TASK PROMPT ▸ In the data that follows, find the line with "recording = record"; transcribe it, every later line up to the one with "Ends log' r", and that line as well, exactly and with no others.

RECORDED DATA ▸

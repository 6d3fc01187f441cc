-- ===== src/RecordGen/Arrival.antt =====
-- A record of telem-record-gen on its way to the post daemon.
use telemetrics_client.Base.Bytes.{Bytes}
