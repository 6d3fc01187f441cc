-- ===== src/Checks/Arrivals.antt =====
-- A record of telem-record-gen from its options to the post daemon.
use telemetrics_client.Base.{false, [], ◌∷◌, none}
use telemetrics_client.Base.Bytes.{Bytes, codes}
use telemetrics_client.Base.Run.{done, exit, fault, ◌>>=◌}
use telemetrics_client.Checks.Clients.{system, calls}
use telemetrics_client.Checks.Tools.{options}
use telemetrics_client.Client.Socket.{takes}
use telemetrics_client.RecordGen.{Posting, instanciate_record, send_made}

abbrev posting : Posting
posting = record {
  opted_out = false;
  calls = calls;
  writes = takes 200 ∷ takes 800 ∷ [];
  cfg_file = none;
}

-- The bytes that the client sends.
abbrev out : Bytes
out = elim (instanciate_record system 7 options (codes "text") >>= λ m. send_made posting m) [
  | done (status, bytes) ↦ bytes
  | exit ↦ []
  | fault ↦ []
]
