-- ===== src/Tooling/Runtime/Labels.antt =====
-- How `DefaultToolRuntime::execute` of ftooling/src/runtime.rs ties its answer to the call.
use fiddlesticks.Base.{ℕ, String, Option, none, some, ◌≡◌, refl, string_eq, ==_refl}
use fiddlesticks.Exec.{Result, ok, err, no_return}
use fiddlesticks.Provider.Model.{ToolCall}
use fiddlesticks.Tooling.Error.{ToolError}
use fiddlesticks.Tooling.Types.{Tool, ToolExecutionContext, ToolExecutionResult, from_call}
use fiddlesticks.Tooling.Registry as Tools
use fiddlesticks.Tooling.Registry.{ToolRegistry, get-register}
use fiddlesticks.Tooling.Runtime.{
  Timing, DefaultToolRuntime, new, for_call, fail, timed_out, settle, settle_race, invoke_tool,
  with_tool, execute,
}

-- A result carries the id of the call, and an error its id and the tool's name.
abbrev pub Labelled : ToolCall → Result ToolError ToolExecutionResult → Type 0
Labelled call (ok r) = r.tool_call_id ≡ call.id
Labelled call (err e) = (e.tool_name ≡ some call.name) × (e.tool_call_id ≡ some call.id)
Labelled call no_return = Unit

module _ {W : Type 0} (timing : Timing W) (rt : DefaultToolRuntime W) (call : ToolCall)
    (context : ToolExecutionContext) where
  settle-Labelled :
      (started_at : ℕ) (r : Result ToolError String) (w : W)
      → Labelled call (settle timing rt call context started_at r w).0
  unfolding settle from_call for_call
  settle-Labelled started_at (ok s) w = refl
  settle-Labelled started_at (err e) w = (refl, refl)
  settle-Labelled started_at no_return w = tt

  race-Labelled :
      (started_at limit : ℕ) (o : Option (Result ToolError String)) (w : W)
      → Labelled call (settle_race timing rt call context started_at limit o w).0
  unfolding settle_race timed_out fail for_call
  race-Labelled started_at limit none w = (refl, refl)
  race-Labelled started_at limit (some r) w = settle-Labelled started_at r w

  invoke-Labelled :
      (t : Option ℕ) (started_at : ℕ) (tool : Tool W) (w : W)
      → Labelled call (invoke_tool timing rt call context t started_at tool w).0
  unfolding invoke_tool
  invoke-Labelled none started_at tool w = settle-Labelled started_at _ _
  invoke-Labelled (some limit) started_at tool w = race-Labelled started_at limit _ _

  with_tool-Labelled :
      (o : Option (Tool W)) (started_at : ℕ) (w : W)
      → Labelled call (with_tool timing rt call context o started_at w).0
  unfolding with_tool fail for_call
  with_tool-Labelled none started_at w = (refl, refl)
  with_tool-Labelled (some tool) started_at w = invoke-Labelled rt.timeout started_at tool w

  -- Whatever becomes of a tool call - an unknown tool, a timeout, an error of the tool, an output -
  -- its result carries the id of the call, and its error the call's id and the tool's name.
  pub execute-Labelled : (w : W) → Labelled call (execute timing rt call context w).0
  unfolding execute
  execute-Labelled w = with_tool-Labelled _ _ _

-- What a tool gave, as the runtime hands it on.
abbrev pub handed_on : ToolCall → Result ToolError String → Result ToolError ToolExecutionResult
handed_on call (ok output) = ok (record { tool_call_id = call.id; output = output })
handed_on call (err e) = err (record e { tool_name = some call.name; tool_call_id = some call.id })
handed_on call no_return = no_return

module _ {W : Type 0} (timing : Timing W) (call : ToolCall) (context : ToolExecutionContext) where
  settle_plain :
      (registry : ToolRegistry W) (started_at : ℕ) (r : Result ToolError String) (w : W)
      → settle timing (new registry) call context started_at r w ≡ (handed_on call r, w)
  unfolding settle new from_call for_call
  settle_plain registry started_at (ok s) w = refl
  settle_plain registry started_at (err e) w = refl
  settle_plain registry started_at no_return w = refl

  with_tool_plain :
      (registry : ToolRegistry W) (tool : Tool W) (started_at : ℕ) (w : W)
      → with_tool timing (new registry) call context (some tool) started_at w ≡ (
        handed_on call (tool.invoke call.arguments context w).0,
        (tool.invoke call.arguments context w).1,
      )
  unfolding with_tool invoke_tool new
  with_tool_plain registry tool started_at w = settle_plain registry started_at _ _

  -- A new runtime, with no hooks and no timeout, runs the tool that was registered last under the
  -- name of the call, on the arguments of the call, and hands on what it gave.
  pub execute-register :
      (registry : ToolRegistry W) (tool : Tool W) (w : W)
      → tool.definition.name ≡ call.name
      → execute timing (new (Tools.register registry tool)) call context w ≡ (
        handed_on call (tool.invoke call.arguments context w).0,
        (tool.invoke call.arguments context w).1,
      )
  unfolding execute new
  execute-register registry tool w h =
      rw (get-register registry tool call.name, h, ==_refl call.name)
        (with_tool_plain (Tools.register registry tool) tool (timing.now w) w)
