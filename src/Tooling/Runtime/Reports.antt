-- ===== src/Tooling/Runtime/Reports.antt =====
-- What `DefaultToolRuntime::execute` of ftooling/src/runtime.rs tells its hooks.
use fiddlesticks.Base.{
  ℕ, String, Option, none, some, List, [], ◌∷◌, ◌++◌, ◌≡◌, refl, sym, ap, ◌∙◌, append_assoc,
  append-nil,
}
use fiddlesticks.Exec.{Result, ok, err, no_return, Exec}
use fiddlesticks.Exec.Keeps.{Keeps}
use fiddlesticks.Provider.Model.{ToolCall}
use fiddlesticks.Tooling.Error.{ToolError}
use fiddlesticks.Tooling.Types.{Tool, ToolExecutionContext, ToolExecutionResult, ToolRuntimeHooks}
use fiddlesticks.Tooling.Registry as Tools
use fiddlesticks.Tooling.Registry.{ToolRegistry}
use fiddlesticks.Tooling.Runtime.{
  Timing, DefaultToolRuntime, fail, settle, settle_race, invoke_tool, with_tool, execute,
}

pub data ToolEvent : Type 0 where
  started : ToolCall → ToolEvent
  succeeded : ToolCall → ToolExecutionResult → ToolEvent
  failed : ToolCall → ToolError → ToolEvent

-- A state with the log of what the hooks were told.
pub record Logged (V : Type 0) : Type 0 where
  pub rest : V
  pub log : List ToolEvent

abbrev pub log_of : {V : Type 0} → Logged V → List ToolEvent
log_of w = w.log

abbrev pub note : {V : Type 0} → ToolEvent → Logged V → Logged V
note e w = record w { log = w.log ++ e ∷ [] }

abbrev pub recording : {V : Type 0} → ToolRuntimeHooks (Logged V)
recording = record {
  on_execution_start = λ c x. note (started c);
  on_execution_success = λ c x r t. note (succeeded c r);
  on_execution_failure = λ c x e t. note (failed c e);
}

-- The last event of a call that came back.
abbrev pub ending : ToolCall → Result ToolError ToolExecutionResult → List ToolEvent
ending call (ok r) = succeeded call r ∷ []
ending call (err e) = failed call e ∷ []
ending call no_return = []

module _ {V : Type 0} (timing : Timing (Logged V)) (registry : ToolRegistry (Logged V))
    (timeout : Option ℕ) (call : ToolCall) (context : ToolExecutionContext) where
  -- A runtime whose hooks write to the log.
  abbrev pub recorded : DefaultToolRuntime (Logged V)
  recorded = record { registry = registry; hooks = recording; timeout = timeout }

  -- After what was logged, the end of the call is logged.
  abbrev Ends : List ToolEvent → Result ToolError ToolExecutionResult × Logged V → Type 0
  Ends log (r, w) = w.log ≡ log ++ ending call r

  settle-Ends :
      (started_at : ℕ) (r : Result ToolError String) (w : Logged V)
      → Ends w.log (settle timing recorded call context started_at r w)
  unfolding settle fail
  settle-Ends started_at (ok s) w = refl
  settle-Ends started_at (err e) w = refl
  settle-Ends started_at no_return w = sym (append-nil w.log)

  race-Ends :
      (started_at limit : ℕ) (o : Option (Result ToolError String)) (w : Logged V)
      → Ends w.log (settle_race timing recorded call context started_at limit o w)
  unfolding settle_race fail
  race-Ends started_at limit none w = refl
  race-Ends started_at limit (some r) w = settle-Ends started_at r w

  Ends-from :
      {log log' : List ToolEvent} (r : Result ToolError ToolExecutionResult × Logged V)
      → log ≡ log'
      → Ends log r
      → Ends log' r
  Ends-from r e h = h ∙ ap (λ l. l ++ ending call r.0) e

  module _
      (invoke_silent : (tool : Tool (Logged V))
        → Tools.get registry call.name ≡ some tool
        → Keeps log_of (tool.invoke call.arguments context))
      (race_silent : (limit : ℕ) (m : Exec (Logged V) ToolError String)
        → Keeps log_of m
        → (w : Logged V) → log_of (timing.race limit m w).1 ≡ log_of w) where
    invoke-Ends :
        (t : Option ℕ) (started_at : ℕ) (tool : Tool (Logged V)) (w : Logged V)
        → Tools.get registry call.name ≡ some tool
        → Ends w.log (invoke_tool timing recorded call context t started_at tool w)
    unfolding invoke_tool
    invoke-Ends none started_at tool w e =
        let given = tool.invoke call.arguments context w in
        Ends-from (settle timing recorded call context started_at given.0 given.1)
          ((invoke_silent tool e).at w) (settle-Ends started_at given.0 given.1)
    invoke-Ends (some limit) started_at tool w e =
        let given = timing.race limit (tool.invoke call.arguments context) w in
        Ends-from (settle_race timing recorded call context started_at limit given.0 given.1)
          (race_silent limit _ (invoke_silent tool e) w)
          (race-Ends started_at limit given.0 given.1)

    with_tool-Ends :
        (o : Option (Tool (Logged V))) (started_at : ℕ) (w : Logged V)
        → Tools.get registry call.name ≡ o
        → Ends w.log (with_tool timing recorded call context o started_at w)
    unfolding with_tool fail
    with_tool-Ends none started_at w e = refl
    with_tool-Ends (some tool) started_at w e = invoke-Ends timeout started_at tool w e

    -- If the called tool and the race with the timer do not write to the log of the hooks, a call
    -- that comes back has logged exactly two events: that it started, and then its success with the
    -- result or its failure with the error that the caller gets. One that does not come back has
    -- logged that it started.
    pub execute-reports :
        (w : Logged V)
        → let r = execute timing recorded call context w in
          r.1.log ≡ w.log ++ (started call ∷ ending call r.0)
    unfolding execute
    execute-reports w =
        let w' = note (started call) w in
        with_tool-Ends (Tools.get registry call.name) (timing.now w) w' refl
        ∙ append_assoc w.log (started call ∷ []) _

WRITTEN REPLY ▸
recording = record {
  on_execution_start = λ c x. note (started c);
  on_execution_success = λ c x r t. note (succeeded c r);
  on_execution_failure = λ c x e t. note (failed c e);
}

-- The last event of a call that came back.
abbrev pub ending : ToolCall → Result ToolError ToolExecutionResult → List ToolEvent
ending call (ok r) = succeeded call r ∷ []
ending call (err e) = failed call e ∷ []
ending call no_return = []

module _ {V : Type 0} (timing : Timing (Logged V)) (registry : ToolRegistry (Logged V))
    (timeout : Option ℕ) (call : ToolCall) (context : ToolExecutionContext) where
  -- A runtime whose hooks write to the log.
  abbrev pub recorded : DefaultToolRuntime (Logged V)
  recorded = record { registry = registry; hooks = recording; timeout = timeout }

  -- After what was logged, the end of the call is logged.
  abbrev Ends : List ToolEvent → Result ToolError ToolExecutionResult × Logged V → Type 0
  Ends log (r, w) = w.log ≡ log ++ ending call r

  settle-Ends :
      (started_at : ℕ) (r : Result ToolError String) (w : Logged V)
      → Ends w.log (settle timing recorded call context started_at r w)
  unfolding settle fail
  settle-Ends started_at (ok s) w = refl
  settle-Ends started_at (err e) w = refl
  settle-Ends started_at no_return w = sym (append-nil w.log)

  race-Ends :
      (started_at limit : ℕ) (o : Option (Result ToolError String)) (w : Logged V)
      → Ends w.log (settle_race timing recorded call context started_at limit o w)
  unfolding settle_race fail
  race-Ends started_at limit none w = refl
  race-Ends started_at limit (some r) w = settle-Ends started_at r w

  Ends-from :
      {log log' : List ToolEvent} (r : Result ToolError ToolExecutionResult × Logged V)
      → log ≡ log'
      → Ends log r
      → Ends log' r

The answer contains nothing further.